▸ **Work to complete**
Start to finish, return the listing exactly as written.

▸ **Exercise inputs**
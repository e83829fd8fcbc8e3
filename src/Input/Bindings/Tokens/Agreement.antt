-- ===== src/Input/Bindings/Tokens/Agreement.antt =====
-- A token of internal/input_poller.cpp is current for as long as nothing has reshaped the bindings, and then
-- answers as the name does.
use detour_mod_kit.Base.{
  All, ℕ, suc, ◌≡◌, ◌≢◌, inl, inr, refl, sym, ap, ◌∙◌, Bool, true, false, ◌&&◌, List, [], ◌∷◌, map,
  arith, ◌==◌, if◌then◌else◌, Bool-cases,
}
use detour_mod_kit.Text.{Text}
use detour_mod_kit.Input.{InputBinding, Entry}
use detour_mod_kit.Input.Bindings.{Poller, named}
use detour_mod_kit.Input.Bindings.History.{Op, run}
use detour_mod_kit.Input.Bindings.Tokens.Reshapes.{binding_of, Same, Kept, DrawsAnew, run-Kept}
use detour_mod_kit.Input.Bindings.Tokens.{
  indices_of, looked_up, is_name_active, token_of, acquire_binding_token, binding_token_current,
  is_token_active,
}

-- Where a name stands is up to the bindings.
indices_in : Text → ℕ → List InputBinding → List ℕ
indices_in name i [] = []
indices_in name i (b ∷ bs) =
    let rest = indices_in name (suc i) bs in
    if named name (record { binding = b; active = false }) then i ∷ rest else rest

indices_of-in :
    (name : Text) (i : ℕ) (es : List Entry)
    → indices_of name i es ≡ indices_in name i (map binding_of es)
unfolding indices_of indices_in named
indices_of-in name i [] = refl
indices_of-in name i (e ∷ es) =
    ap (λ r. if named name e then i ∷ r else r) (indices_of-in name (suc i) es)

looked_up-Same :
    (name : Text) (p q : Poller)
    → Same p q
    → looked_up q.indexed name q.entries ≡ looked_up p.indexed name p.entries
unfolding Same
looked_up-Same name p q (same, indexed) = go q.indexed p.indexed indexed
  where
    go : (i j : Bool) → i ≡ j → looked_up i name q.entries ≡ looked_up j name p.entries
    go true true h =
        indices_of-in name 0 q.entries
        ∙ ap (indices_in name 0) same
        ∙ sym (indices_of-in name 0 p.entries)
    go false false h = refl
    go true false h = ground arith
    go false true h = ground arith

-- A token of some generation, of what was looked up.
token_answers :
    (g : ℕ) (is : List ℕ) (name : Text) (q : Poller)
    → g ≢ 0
    → (q.generation ≡ g → looked_up q.indexed name q.entries ≡ is)
    → is_token_active (token_of g is) q
      ≡ (binding_token_current (token_of g is) q && is_name_active name q)
unfolding is_token_active binding_token_current is_name_active
token_answers g [] name q z h = refl
token_answers g (i ∷ is) name q z h =
    let positive : (g == 0) ≡ false = ground arith in
    elim (Bool-cases (g == q.generation)) [
      | inr c ↦ rw (positive, c) refl
      | inl c ↦ let same = h (ground arith) in rw (positive, c, same) refl
    ]

-- Whatever cycles and reshapes come after a token was taken, of which none draws its generation again: the
-- token answers as its name does while it is current, and no once it is not.
pub token_agrees :
    (memory : Bool) (name : Text) (os : List Op) (p : Poller)
    → p.generation ≢ 0
    → All (DrawsAnew p.generation) os
    → let q = (run os p).0 in
      let token = acquire_binding_token memory name p in
      is_token_active token q ≡ (binding_token_current token q && is_name_active name q)
unfolding acquire_binding_token Kept
token_agrees true name os p z t =
    let q = (run os p).0 in
    token_answers p.generation (looked_up p.indexed name p.entries) name q z
      (λ e. looked_up-Same name p q (run-Kept p.generation os p t e).1)
token_agrees false name os p z t = unfold is_token_active binding_token_current in refl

▸ **Output of the task**
repository e83829fd8fcbc8e3
filename src/Input/Bindings/Tokens/Agreement.antt
-- ===== src/Input/Bindings/Tokens/Agreement.antt =====
-- A token of internal/input_poller.cpp is current for as long as nothing has reshaped the bindings, and then
-- answers as the name does.
use detour_mod_kit.Base.{
  All, ℕ, suc, ◌≡◌, ◌≢◌, inl, inr, refl, sym, ap, ◌∙◌, Bool, true, false, ◌&&◌, List, [], ◌∷◌, map,
  arith, ◌==◌, if◌then◌else◌, Bool-cases,
}
use detour_mod_kit.Text.{Text}
use detour_mod_kit.Input.{InputBinding, Entry}
use detour_mod_kit.Input.Bindings.{Poller, named}
use detour_mod_kit.Input.Bindings.History.{Op, run}
use detour_mod_kit.Input.Bindings.Tokens.Reshapes.{binding_of, Same, Kept, DrawsAnew, run-Kept}
use detour_mod_kit.Input.Bindings.Tokens.{
  indices_of, looked_up, is_name_active, token_of, acquire_binding_token, binding_token_current,
  is_token_active,
}

-- Where a name stands is up to the bindings.
indices_in : Text → ℕ → List InputBinding → List ℕ
indices_in name i [] = []
indices_in name i (b ∷ bs) =
    let rest = indices_in name (suc i) bs in
    if named name (record { binding = b; active = false }) then i ∷ rest else rest

indices_of-in :
    (name : Text) (i : ℕ) (es : List Entry)
    → indices_of name i es ≡ indices_in name i (map binding_of es)
unfolding indices_of indices_in named
indices_of-in name i [] = refl
indices_of-in name i (e ∷ es) =
    ap (λ r. if named name e then i ∷ r else r) (indices_of-in name (suc i) es)

looked_up-Same :
    (name : Text) (p q : Poller)
    → Same p q
    → looked_up q.indexed name q.entries ≡ looked_up p.indexed name p.entries
unfolding Same
looked_up-Same name p q (same, indexed) = go q.indexed p.indexed indexed
  where
    go : (i j : Bool) → i ≡ j → looked_up i name q.entries ≡ looked_up j name p.entries
    go true true h =
        indices_of-in name 0 q.entries
        ∙ ap (indices_in name 0) same
        ∙ sym (indices_of-in name 0 p.entries)
    go false false h = refl
    go true false h = ground arith
    go false true h = ground arith

-- A token of some generation, of what was looked up.
token_answers :
    (g : ℕ) (is : List ℕ) (name : Text) (q : Poller)
    → g ≢ 0
    → (q.generation ≡ g → looked_up q.indexed name q.entries ≡ is)
    → is_token_active (token_of g is) q
      ≡ (binding_token_current (token_of g is) q && is_name_active name q)
unfolding is_token_active binding_token_current is_name_active
token_answers g [] name q z h = refl
token_answers g (i ∷ is) name q z h =
    let positive : (g == 0) ≡ false = ground arith in
    elim (Bool-cases (g == q.generation)) [
      | inr c ↦ rw (positive, c) refl
      | inl c ↦ let same = h (ground arith) in rw (positive, c, same) refl
    ]

-- Whatever cycles and reshapes come after a token was taken, of which none draws its generation again: the
-- token answers as its name does while it is current, and no once it is not.
pub token_agrees :
    (memory : Bool) (name : Text) (os : List Op) (p : Poller)
    → p.generation ≢ 0
    → All (DrawsAnew p.generation) os
    → let q = (run os p).0 in
      let token = acquire_binding_token memory name p in
      is_token_active token q ≡ (binding_token_current token q && is_name_active name q)
unfolding acquire_binding_token Kept
token_agrees true name os p z t =
    let q = (run os p).0 in
    token_answers p.generation (looked_up p.indexed name p.entries) name q z
      (λ e. looked_up-Same name p q (run-Kept p.generation os p t e).1)
token_agrees false name os p z t = unfold is_token_active binding_token_current in refl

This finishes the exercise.